Merging multiple files

Question

Merging multiple files

andkov opened this issue 8 years ago · comments

The dto as it emerges from the 1-scale-assembly has a data frame as each element. Each data frame is long with respect to time. Each data set has variables year and hhidpn.

Objective

prodice a single, flat data set that combines those in the list

Andriy V. Koval · Answer 1 · Fri Mar 10 2017 05:02:05 GMT+0800 (China Standard Time)

@casslbrown

First, we need to create a subset of the list dto that would contain ONLY the items we want to merge:

dto_new <- list()

dto_new[["demographics"]] <- dto$demographics %>% 
  dplyr::select(year, hhidpn, birthyr, interview_yr,male, race )

dto_new[["loneliness"]] <- dto$loneliness %>% 
  dplyr::select(year,hhidpn,score_loneliness_3, score_loneliness_11  )

dto_new[["life_satisfaction"]] <- dto$life_satisfaction %>% 
  dplyr::select(year, hhidpn, sum, mean) %>% 
  dplyr::rename(
     life_sat_sum = sum
    ,life_sat_mean = mean
  )

The script above shows how to create a dto_new that would have the same subsection, but but would prune the unnecessary item. Where, necessary, you must rename the columns, so that their name are unique in the global file (e.g. if more than one scale has columns sum and mean you must be give it unique names, e.g. life_satisfaction_sum' and life_satifsfaction_mean`)

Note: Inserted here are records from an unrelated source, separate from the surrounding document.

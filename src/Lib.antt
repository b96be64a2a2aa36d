-- ===== src/Lib.antt =====
-- codegen-product-kit: the core of a generated product, the runtime of its packages and two of them, and
-- the framework's specifications: models, operations, manifests and environment contracts.
--
-- A product's backend (template/services/backend/src) records commands and publishes one event for each
-- (the jobs core), fires jobs on a grid of slots through that core (the timer loop), keeps users with
-- their identities and settings with their values, and gives package routes a verified caller. A package
-- consumes the events: the reminders package marks what is due and publishes it from an outbox; the
-- channels package polls a platform and delivers new posts. The framework reads specifications of models
-- and renders their schemas.
--
-- Jobs: app/models/job_command.py, app/repositories/job_command.py and controllers/jobs.py of the backend.
--   The ledger is a list of rows, `fire` is JobsController.fire by one session, and `Step` in Jobs/Dispatch
--   is the same handler by any number of sessions, with the row lock, the commits and crashes between them.
-- Timers: app/timers.py. The loop calls the jobs core through the callback that it is given.
-- Reminders: packages/codegen-kit-reminders/codegen_kit_reminders, api.py, identity.py and runtime.py over
--   the tables of its migration; `handle_job_fired` is the consumer's handler of a tick.
-- Users: app/models/user.py, app/repositories/user.py and controllers/users.py; Users/Caller is
--   app/caller_identity.py. A grant takes the tables it saw first and those its insert meets, so that a race
--   of two sessions is a pair of tables.
-- Settings: app/models/setting.py, app/repositories/setting.py and controllers/settings.py.
-- Consumer: core/idempotent_consumer.py with app/models/event_consumption.py.
-- Channels: packages/codegen-kit-tg-channels/codegen_kit_tg_channels, store.py and models.py in Store,
--   polling.py in Poller, service.py in Service.
-- Spec: framework/spec/types.py in Types, models.py in Models, operations.py in Operations, manifests.py in
--   Manifests and packages.py in Packages. The values are those that pydantic has typed; a validator gives
--   the refusal that it raises. The runtime reads the same package.yaml again, without pydantic: Accepted
--   compares what the two read.
-- Environment: framework/contracts/env_contract.py, the entries and the merge of the owners' fragments.
-- Host: framework/host_contract.py, the claims of Telegram commands; Declarations reads the calls by
--   which a product declares them, as syntax trees, and its callbacks; Settings checks what bindings read.
-- Json: the values of JSON and YAML that both readers take.
-- Packages: template/codegen_kit/packages.py. Manifest reads package.yaml, as a value of Json; Activation
--   discovers the installed packages, checks them against the product's list and mounts them; Ownership
--   finds whose schema a caller may use; Lifecycle starts and stops them. What a callback does is a function
--   of the calls before it.
-- Base: names of the libraries, Boolean tests, dicts in insertion order, a stable sort, HTTP outcomes.
--
-- A handler is a function from its arguments and the tables to an HTTP outcome and the tables; an error
-- that rolls a transaction back leaves the tables, and `none` is an error that is raised. Instants are
-- microseconds, as natural numbers. Lists are in the order of insertion, `ORDER BY` and `sorted` are the
-- sort of Base/Sorting. Every loop runs over a list, but the `while`
-- loop of the shutdown, whose fuel is to exceed the number of packages that were started: each round takes
-- one of them off.
--
-- Parameters, with what is assumed of them as hypotheses: JSON values and their schemas, Python's equality
-- on JSON values and on the entries of an environment contract, uuid5, strftime and isoformat, the clock,
-- the typing of raw data by pydantic, the stream, the platform's client, version specifiers, paths, identifiers and URLs.
--
-- Not modelled: the brokers and the wiring of the web framework and the database, which are input and
-- output; the generators, the command line, the catalog and the lint,
-- which write and read files; the loader of specifications, actions, the bindings, the rest of the
-- host contract, the scan for used variables, the ranking and the textparse packages, and the digest of the channels package.
pub mod Base
pub mod Environment
pub mod Host
pub mod Jobs
pub mod Timers
pub mod Reminders
pub mod Users
pub mod Settings
pub mod Consumer
pub mod Channels
pub mod Spec
pub mod Json
pub mod Packages
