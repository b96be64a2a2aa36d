-- ===== src/Base/Keys.antt =====
-- Equality of pairs of texts, by which the tables of the backend are keyed.
use Prim.Native.String.{String}
use mathlib.Core.Path.{◌≡◌}
use mathlib.Core.Logic.{◌↔◌}
use mathlib.Core.Bool.{Bool, true, ◌&&◌}
use native.Mathlib.Omega.{arith}
use text.Mathlib.Text.{◌==◌ as str_eq}
use text.Mathlib.TextEquality.{eq_iff}

unfoldable pub same_pair : String → String → String → String → Bool
same_pair a b c d = str_eq a c && str_eq b d

pub same_pair_iff : (a b c d : String) → (same_pair a b c d ≡ true) ↔ ((a ≡ c) × (b ≡ d))
unfolding same_pair
same_pair_iff a b c d = ground (arith, eq_iff a c, eq_iff b d)
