-- ===== src/Base/Responses.antt =====
-- What a handler returns: a value, or an `HTTPException` with its status.
use Prim.Native.Nat.{ℕ}

pub data Http {ℓ} (A : Type ℓ) : Type ℓ where
  ok : A → Http A
  http_error : ℕ → Http A
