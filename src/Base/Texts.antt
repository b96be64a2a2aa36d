-- ===== src/Base/Texts.antt =====
-- Tests on the characters of a text, and `partition`.
use Prim.Native.Char.{code}
use Prim.Native.String.{String}
use Prim.Native.Nat.{ℕ}
use mathlib.Core.Bool.{Bool, true, false, ◌&&◌, ◌||◌, not}
use mathlib.Core.List.{List, [], ◌∷◌}
use codegen_product_kit.Base.Tests.{if◌then◌else◌, ◌==◌, leb}
use codegen_product_kit.Base.Sorting.{any}

abbrev pub codes : String → List ℕ
codes String.[] = []
codes (String.◌∷◌ c s) = code c ∷ codes s

-- `startswith("/")`
abbrev pub starts_slash : List ℕ → Bool
starts_slash [] = false
starts_slash (c ∷ l) = c == b'/'

abbrev pub ends_slash : List ℕ → Bool
ends_slash [] = false
ends_slash (c ∷ []) = c == b'/'
ends_slash (c ∷ d ∷ l) = ends_slash (d ∷ l)

-- `"//" in prefix`
abbrev pub has_double_slash : List ℕ → Bool
has_double_slash [] = false
has_double_slash (c ∷ []) = false
has_double_slash (c ∷ d ∷ l) = (c == b'/' && d == b'/') || has_double_slash (d ∷ l)

abbrev pub is_letter_or_underscore : ℕ → Bool
is_letter_or_underscore c = (leb b'A' c && leb c b'Z') || (leb b'a' c && leb c b'z') || c == b'_'

abbrev pub is_word : ℕ → Bool
is_word c = is_letter_or_underscore c || (leb b'0' c && leb c b'9')

-- `re.fullmatch(r"[A-Za-z_][A-Za-z0-9_]*", schema)`
abbrev pub is_name : List ℕ → Bool
is_name [] = false
is_name (c ∷ l) = is_letter_or_underscore c && not (any (λ d. not (is_word d)) l)

-- `partition(":")`: the text before the first colon, whether there is one, and the text after it.
unfoldable pub partition : String → String × Bool × String
partition String.[] = ("", false, "")
partition (String.◌∷◌ c s) =
    let (head, found, tail) = partition s in
    if code c == b':' then ("", true, s) else (String.◌∷◌ c head, found, tail)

The snapshot of the produced dataframes is displayed below.

Notice, how each data frame has two identical columns : year and hhidpn. This is important becaue we will join these data frames by these columns. Use the following function to merge multiple data frames by the same key:

merge_mulitple_files <- function(list, by_columns){
  Reduce(function( d_1, d_2 ) merge(d_1, d_2, by=by_columns), list)
}
ds <- merge_mulitple_files(dto_new, by_columns = c("year","hhidpn"))

The snapshot of the created data frame appears below.